Using specialization

Specialization is currently unstable. You can track its progress here.

We try to avoid leaning on specialization too heavily, limiting its use to optimizing specific implementations. These specialized optimizations use a private trait to find the correct implementation, rather than specializing the public method itself. Any use of specialization that changes how methods are dispatched for external callers should be carefully considered.

As an example of how to use specialization in the standard library, consider the case of creating an Rc<[T]> from a &[T]:

impl<T: Clone> From<&[T]> for Rc<[T]> {
    #[inline]
    fn from(v: &[T]) -> Rc<[T]> {
        unsafe { Self::from_iter_exact(v.iter().cloned(), v.len()) }
    }
}

It would be nice to have an optimized implementation for the case where T: Copy:

impl<T: Copy> From<&[T]> for Rc<[T]> {
    #[inline]
    fn from(v: &[T]) -> Rc<[T]> {
        unsafe { Self::copy_from_slice(v) }
    }
}

Unfortunately we couldn't have both of these impls normally, because they'd overlap. This is where private specialization can be used to choose the right implementation internally. In this case, we use a trait called RcFromSlice that switches the implementation:

impl<T: Clone> From<&[T]> for Rc<[T]> {
    #[inline]
    fn from(v: &[T]) -> Rc<[T]> {
        <Self as RcFromSlice<T>>::from_slice(v)
    }
}

/// Specialization trait used for `From<&[T]>`.
trait RcFromSlice<T> {
    fn from_slice(slice: &[T]) -> Self;
}

impl<T: Clone> RcFromSlice<T> for Rc<[T]> {
    #[inline]
    default fn from_slice(v: &[T]) -> Self {
        unsafe { Self::from_iter_exact(v.iter().cloned(), v.len()) }
    }
}

impl<T: Copy> RcFromSlice<T> for Rc<[T]> {
    #[inline]
    fn from_slice(v: &[T]) -> Self {
        unsafe { Self::copy_from_slice(v) }
    }
}

Only specialization using the min_specialization feature should be used. The full specialization feature is known to be unsound.

Specialization attributes

There are two unstable attributes that can be used to allow a trait bound in a specializing implementation that does not appear in the default implementation.

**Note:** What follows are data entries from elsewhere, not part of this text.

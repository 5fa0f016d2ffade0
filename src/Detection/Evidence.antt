-- ===== src/Detection/Evidence.antt =====
-- What the analyst sees of an event: `_extract_evidence` and `_render_title` of detection/engine.py,
-- with `redact_secrets` and `truncate` of core/util.py. The substitutions are `re.sub`, a parameter.
use Prim.Native.String.{count}
use thot_secure.Prelude.{
  ℕ, ◌-◌, String, str_append, Option, none, some, List, [], ◌∷◌, ◌++◌, str_eq, ltb, leb, take,
  if◌then◌else◌,
}
use thot_secure.Value.{Value, Dict, null, str, obj, of_dict, get, truthy}
use thot_secure.Platform.{Platform, str_of}
use thot_secure.Detection.Regex.{prefix}
use thot_secure.Detection.Matchers.{compare_texts, below}
use thot_secure.Detection.Rules.{Rule}
use thot_secure.Detection.Engine.{Event}

-- _CONTROL_CHARS
abbrev pub control_chars : String
control_chars = "[\\x00-\\x08\\x0b\\x0c\\x0e-\\x1f\\x7f]"

-- _SECRET_PATTERNS: each pattern with what replaces it.
abbrev pub secret_patterns : List (String × String)
secret_patterns =
    (
      (str_append "-----BEGIN [A-Z ]*PRIVATE KEY-----[\\s\\S]*?-----END [A-Z ]*PRIVATE KEY-"
          ("----")),
      "<private-key-redacted>",
    )
    ∷ ("\\beyJ[A-Za-z0-9_\\-]{8,}\\.[A-Za-z0-9_\\-]{8,}\\.[A-Za-z0-9_\\-]{4,}", "<jwt-redacted>")
    ∷ (
      (str_append "\\b(?:sk|pk|rk|ghp|gho|ghs|ghu|glpat|xox[baprs]|thot)[-_][A-Za-z0-9_\\-]"
          ("{12,}\\b")),
      "<token-redacted>",
    )
    ∷ ("(?i)\\b(proxy-authorization|authorization)\\b\\s*[:=][^\\r\\n]*", "\\1: <redacted>")
    ∷ ("(?i)\\b(set-cookie|cookie)\\b\\s*[:=][^\\r\\n]*", "\\1: <redacted>")
    ∷ ("(?i)\\bbearer\\s+[A-Za-z0-9._\\-+/=]{8,}", "Bearer <redacted>")
    ∷ ("(?i)\\bbasic\\s+[A-Za-z0-9+/=]{8,}", "Basic <redacted>")
    ∷ (
      (str_append "(?i)\\b(password|passwd|pwd|pass|secret|client[_-]?secret|api[_-]?key|a" (
          str_append "pikey|access[_-]?token|refresh[_-]?token|auth[_-]?token|id[_-]?token|t" (
            str_append "oken|jwt|private[_-]?key|passphrase|credential[s]?|session[_-]?id)\\b\\s"
              ("*[:=]\\s*[^\\s,;&\\\"'|]+")))),
      "\\1=<redacted>",
    )
    ∷ (
      (str_append "(?i)([?&](?:token|key|api_key|apikey|access_token|signature|sig)=)[^&\\"
          ("s\\\"']+")),
      "\\1<redacted>",
    )
    ∷ []

-- sorted(keys)[:12]
unfoldable pub insert_key : String → List String → List String
insert_key k [] = k ∷ []
insert_key k (j ∷ js) =
    let rest = insert_key k js in elim (compare_texts j k) [ below ↦ j ∷ rest | _ ↦ k ∷ j ∷ js ]

unfoldable pub sorted_keys : Dict → List String
sorted_keys [] = []
sorted_keys ((k, v) ∷ d) = insert_key k (sorted_keys d)

abbrev pub or_null : Option Value → Value
or_null none = null
or_null (some v) = v

abbrev pub text_or_null : Option String → Value
text_or_null none = null
text_or_null (some s) = str s

-- truncate(s, n), for n ≥ 1
unfoldable pub truncate : ℕ → String → String
truncate n s = if leb (count s) n then s else str_append (prefix (n - 1) s) "…"

-- " ".join(words)
unfoldable pub join_words : List String → String
join_words [] = ""
join_words (w ∷ []) = w
join_words (w ∷ v ∷ ws) = str_append w (str_append " " (join_words (v ∷ ws)))

module _ (py : Platform) where
  -- The loop over the patterns.
  unfoldable pub mask : List (String × String) → String → String
  mask [] text = text
  mask ((pattern, replacement) ∷ rest) text = mask rest (py.sub pattern replacement text)

  unfoldable pub redact_secrets : String → String
  redact_secrets text =
      if str_eq text ""
      then ""
      else let cleaned = mask secret_patterns (py.sub control_chars "" text) in
        if ltb 4096 (count cleaned)
        then str_append (prefix 4096 cleaned)
            (str_append "…<tronqué " (str_append (py.str_int (count cleaned - 4096)) " car.>"))
        else cleaned

  -- {key: truncate(redact_secrets(str(d[key])), n) for key in keys}
  unfoldable pub sampled : ℕ → Dict → List String → Dict
  sampled n d [] = []
  sampled n d (k ∷ ks) =
      (k, str (truncate n (redact_secrets (str_of py (or_null (get k d)))))) ∷ sampled n d ks

  -- `_extract_evidence`, the one sample of its list.
  unfoldable pub extract_evidence : Rule → Event → Value
  extract_evidence rule event = obj (
      of_dict (
        ("ts", str (py.isoformat event.ts))
        ∷ ("event_id", str event.event_id)
        ∷ ("kind", str event.kind)
        ∷ (
          "source",
          obj (
              of_dict (
                ("type", str event.source_type)
                ∷ ("host", text_or_null event.source_host)
                ∷ ("name", text_or_null event.source_name)
                ∷ [])),
        )
        ∷ ("labels", obj (of_dict (sampled 200 event.labels (take 12 (sorted_keys event.labels)))))
        ∷ (
          "payload",
          obj (of_dict (sampled 300 event.payload (take 12 (sorted_keys event.payload)))),
        )
        ∷ ("matched_rule", str rule.id)
        ∷ []))

  -- f"{before}{v}{after}" for a value that counts as true
  abbrev pub shown_if : String → String → Value → List String
  shown_if before after v =
      if truthy v then str_append before (str_append (str_of py v) after) ∷ [] else []

  -- The first of two values that counts as true, each in its own words.
  abbrev pub first_shown : List String → List String → List String
  first_shown [] rest = rest
  first_shown (w ∷ ws) rest = w ∷ ws

  -- `_render_title`
  unfoldable pub render_title : Rule → Event → String
  render_title rule event = prefix 300 (
      join_words (
        rule.title
        ∷ (first_shown (shown_if "depuis " "" (or_null (get "src_ip" event.labels)))
              (shown_if "sur " "" (text_or_null event.source_host))
            ++ first_shown (shown_if "(" ")" (or_null (get "path" event.labels)))
                (shown_if "(" ")" (or_null (get "host" event.labels))))))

rustc_specialization_trait restricts the implementations of a trait to be "always applicable". Implementing traits annotated with rustc_specialization_trait is unstable, so this should not be used on any stable traits exported from the standard library. Sized is an exception, and can have this attribute because it already cannot be implemented by an impl block. Note: rustc_specialization_trait only prevents incorrect monomorphizations, it does not prevent a type from being coerced between specialized and unspecialized types which can be important when specialization must be applied consistently. See rust-lang/rust#85863 for more details.

rustc_unsafe_specialization_marker allows specializing on a trait with no associated items. The attribute is unsafe because lifetime constraints from the implementations of the trait are not considered when specializing. The following example demonstrates a limitation of rustc_unsafe_specialization_marker, the specialized implementation is used for all shared reference types, not just those with 'static lifetime. Because of this, new uses of rustc_unsafe_specialization_marker should be avoided.

#[rustc_unsafe_specialization_marker]
trait StaticRef {}

impl<T> StaticRef for &'static T {}

trait DoThing: Sized {
    fn do_thing(self);
}

impl<T> DoThing for T {
    default fn do_thing(self) {
        // slow impl
    }
}

impl<T: StaticRef> DoThing for T {
    fn do_thing(self) {
        // fast impl
    }
}

rustc_unsafe_specialization_marker exists to allow existing specializations that are based on marker traits exported from std, such as Copy, FusedIterator or Eq.